**EXERCISE OBJECTIVE**
Count how many lines in the data below include "itself". Answer with the number only.

─── RAW DATA

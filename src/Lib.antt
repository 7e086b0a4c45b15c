-- ===== src/Lib.antt =====
-- vmkit-agent: a model of the program, and theorems about it.
--
-- The program runs on a virtual machine, as a command or as a daemon that a gateway sends requests
-- to. It hardens the machine (SSH, firewall, fail2ban), opens ports to lists of sources, deploys
-- instances and removes them, rotates their credentials, puts the machine back to its hardened
-- state, takes itself off the machine, and replaces its own binary. Almost all it does is to run
-- commands of the system and to decide by their answers what to do next; the model is made for
-- that.
--
-- Host (Host/Core.antt) is the machine. `Call` names each call that the code makes of the system:
-- commands, files, the clock, HTTP. `Host` is any function from a call, and the calls made before
-- it, to the reply; so a theorem about all hosts covers every way in which the commands can fail,
-- and answers that change over time. `M A` is a piece of the program: it makes calls and returns a
-- value or an error text. `Trace` is the list of the calls made, the latest first; Host/Log.antt has
-- the tests on it that the safety theorems use (`guarded p q`: each call that `p` accepts was made
-- when `q` held of the calls before it). A command is one atomic call; what it does inside, and
-- other programs that run beside the agent, show only in the replies.
--
-- The files and the code:
--   Base, Base/*       the native numbers, lists, texts (as code points), integers, and the parts of
--                      Go's strings, strconv and path/filepath that the program uses. `%q` is
--                      `strconv.Quote` (Base/Quote.antt), where a code point that Unicode does not assign
--                      counts as printable if its block is assigned
--   Types, Types/*     pkg/types/types.go: statuses, steps and their order; the configuration and
--                      the result of each command stand with the command
--   Harden, Harden/*   internal/harden/harden.go: `Harden` is `harden`; each Go function has the
--                      model's function of the same name in snake case (`configureSSH` is
--                      `configure_ssh`), and a step of `Harden` is one of the `_step` functions
--   Ufw, Ufw/*         internal/openport/allowlist.go: `ParseUFWRulesForPort`, `DiffAllowlist` and
--                      `FormatAddRule`. `ufwLineRE` is a scanner (Ufw/Line.antt); the limit of 64 KiB
--                      on a line, in bytes, and the clamping of `strconv.Atoi` are kept.
--                      Ufw/Line/Shown.antt prints such a line, Ufw/Left.antt compares the lines of a
--                      listing with the rules that are read in it. Ufw/Delete.antt says
--                      what deleting by number does; Ufw/Purge.antt is the deletion of all rules of a
--                      kind, which internal/destroy and internal/resetvm share
--   OpenPort           internal/openport/openport.go, with `OpenPort` and `UpdateAllowlist`
--   Nginx, Nginx/Site  internal/nginx: installation, configuration, sites (the template is in
--                      Nginx/Site.antt, a condition of it being a function of its own) and password
--                      files. SHA-1 is a parameter
--   Docker             internal/docker/docker.go
--   Config             internal/config/config.go
--   EnableTls          internal/enabletls/enabletls.go, and the certificates of internal/tls/tls.go
--   Handlers           internal/daemon/handlers: `ContainersStop` and `LogsFetch`, from where the JSON of
--                      a request is read, and the requests that run one operation
--                      (Handlers/Adapters.antt), with the reading as a parameter
--   Destroy            internal/destroy/destroy.go; the containers are those of Compose, the site that of
--                      Nginx
--   ResetVm            internal/resetvm/resetvm.go; it calls Destroy for each instance
--   Cleanup            internal/cleanup/cleanup.go; the plan is in Cleanup/Plan.antt
--   RotateCreds        internal/rotatecreds/rotatecreds.go; the environment file is in
--                      RotateCreds/EnvFile.antt. The order in which Go visits a map is a parameter
--   SelfUpgrade        internal/selfupgrade/selfupgrade.go. The architecture and SHA-256 are
--                      parameters
--   Daemon             internal/daemon/daemon.go: tokens and welcome (Daemon/Token.antt), the queue over
--                      all connections as a step relation in which the goroutines take turns in any
--                      order (Daemon/Session.antt): the queue and the table of calls are made once, so
--                      a new connection leaves them as they are; the waits between connections
--                      (Daemon/Retry.antt). The methods are those of
--                      internal/daemon/handlers/register.go
--   Stage, Stage/*     the form of a command that runs in named steps and returns at the first one that
--                      fails, which internal/backup, upgrade and enabletls share (`stepSuccess`,
--                      `stepFail`); Stage/Plan.antt has the rules for which steps are run, Stage/Told.antt
--                      what the result then tells, and Stage/Safe.antt the rules for what holds of the calls
--   Backup, Backup/*   internal/backup: `Backup` (Backup/Save.antt) and `Restore` (Backup/Restore.antt)
--                      of backup.go, `Verify` (Backup/Verify.antt) of verify.go, and what they share
--                      (Backup/Tools.antt). SHA-256 is a parameter
--   Upgrade, Upgrade/* internal/upgrade/upgrade.go: the registry of versions, the replacement of images
--                      in a compose file, and `Upgrade` with its rollback; it calls Backup, Health and
--                      Compose
--   Health, Health/*   internal/health/health.go: one round of checks (Health/Round.antt) and
--                      `CheckAll`, which repeats it until a deadline
--   Compose, Compose/* internal/compose/compose.go: its methods, the states of the containers, and the
--                      wait for them. A line of JSON is read by a parameter
--   Instance           internal/instance/instance.go: the state of an instance, its start, stop,
--                      restart and logs
--   Tests              runs on concrete machines, and each theorem at a concrete input
--
-- Conventions. A Go int is `ℤ` where it comes from a configuration and a native number where the code
-- makes it from digits or counts; no value near 2^63 is added to, so there is no wrap-around. A
-- Go map used as a set is the list of its keys; where the code sorts what it takes from a map, so
-- does the model. Times and durations of steps are left out, since nothing reads them. Almost every
-- loop of the modelled code runs over a list or a number of attempts that it counts itself, and is
-- structural recursion. There is fuel in two places: for the digits of a number, where the number
-- itself is enough (`Base.Text.itoa`), and for the wait for the containers, which ends by the clock
-- (`Compose.Waiting.wait_loop`): a round for each two seconds of its timeout, and one more, since it
-- sleeps two seconds in each; the hypothesis `IsClock` says that a clock does not go back and that a
-- sleep takes its time. `CheckAll` counts its rounds, and needs no such hypothesis.
--
-- The hypotheses on `ufw` (`IsFirewall` and `IsNumberedFirewall`) say what its manual says of listing,
-- deleting by number and adding. A source that is added is listed in a form that is a parameter
-- (`as_listed`); what is proved of `OpenPort` is for desired sources that have that form. The tests have a machine for each on which they hold. Other tools
-- (systemctl, sshd, docker, nginx) need no hypothesis: the theorems hold whatever they answer.
--
-- Not modelled: the deployment and the files it writes, the reading of certificates, the enhanced
-- health checks, the diagnosis and the metrics, the requests for these, the command line, and the
-- websocket itself.
pub mod Backup
pub mod Base
pub mod Cleanup
pub mod Compose
pub mod Config
pub mod Daemon
pub mod Destroy
pub mod Docker
pub mod EnableTls
pub mod Handlers
pub mod Harden
pub mod Health
pub mod Host
pub mod Instance
pub mod Nginx
pub mod OpenPort
pub mod ResetVm
pub mod RotateCreds
pub mod SelfUpgrade
pub mod Stage
pub mod Tests
pub mod Types
pub mod Ufw
pub mod Upgrade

──────

**WRITTEN REPLY**
4